RECORDED DATA START

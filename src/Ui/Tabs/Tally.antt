-- ===== src/Ui/Tabs/Tally.antt =====
-- How often a number is the slot, or the generation, of an entry of a list.
use tui_ssh_client.Prelude.{
  ℕ, zero, suc, ◌+◌, ◌<◌, ◌≡◌, Bool, true, false, List, [], ◌∷◌, ◌++◌, some, arith, ◌==◌, get_elem?,
  set, remove_at,
}

abbrev pub hit : Bool → ℕ
hit true = 1
hit false = 0

module _ {ℓ} {A : Type ℓ} (f : A → ℕ) (k : ℕ) where
  abbrev pub tally : List A → ℕ
  tally [] = 0
  tally (x ∷ xs) = hit (f x == k) + tally xs

  pub tally-append : (xs ys : List A) → tally (xs ++ ys) ≡ tally xs + tally ys
  tally-append [] ys = omega arith
  tally-append (x ∷ xs) ys = omega (arith, tally-append xs ys)

  pub tally-set :
      (xs : List A) (i : ℕ) (x v : A)
      → get_elem? xs i ≡ some x
      → tally (set xs i v) + hit (f x == k) ≡ tally xs + hit (f v == k)
  tally-set [] i x v e = absurd (cc)
  tally-set (y ∷ xs) zero x v e = ground arith
  tally-set (y ∷ xs) (suc i) x v e = omega (arith, tally-set xs i x v e)

  pub tally-remove_at :
      (xs : List A) (i : ℕ) (x : A)
      → get_elem? xs i ≡ some x
      → tally (remove_at i xs) + hit (f x == k) ≡ tally xs
  tally-remove_at [] i x e = absurd (cc)
  tally-remove_at (y ∷ xs) zero x e = ground arith
  tally-remove_at (y ∷ xs) (suc i) x e = omega (arith, tally-remove_at xs i x e)

  -- An entry that is there counts.
  pub tally-pos : (xs : List A) (i : ℕ) (x : A) → get_elem? xs i ≡ some x → f x ≡ k → 0 < tally xs
  tally-pos [] i x e h = absurd (cc)
  tally-pos (y ∷ xs) zero x e h = ground arith
  tally-pos (y ∷ xs) (suc i) x e h = omega (arith, tally-pos xs i x e h)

RECORDED DATA END

The expected output is exactly the lines of the listing above between the line holding "-- How often" and the line holding "(xs : List A) (i : ℕ) (x v : A)", inclusive.

### SOLUTION TO THIS EXERCISE
-- How often a number is the slot, or the generation, of an entry of a list.
use tui_ssh_client.Prelude.{
  ℕ, zero, suc, ◌+◌, ◌<◌, ◌≡◌, Bool, true, false, List, [], ◌∷◌, ◌++◌, some, arith, ◌==◌, get_elem?,
  set, remove_at,
}

abbrev pub hit : Bool → ℕ
hit true = 1
hit false = 0

module _ {ℓ} {A : Type ℓ} (f : A → ℕ) (k : ℕ) where
  abbrev pub tally : List A → ℕ
  tally [] = 0
  tally (x ∷ xs) = hit (f x == k) + tally xs

  pub tally-append : (xs ys : List A) → tally (xs ++ ys) ≡ tally xs + tally ys
  tally-append [] ys = omega arith
  tally-append (x ∷ xs) ys = omega (arith, tally-append xs ys)

  pub tally-set :
      (xs : List A) (i : ℕ) (x v : A)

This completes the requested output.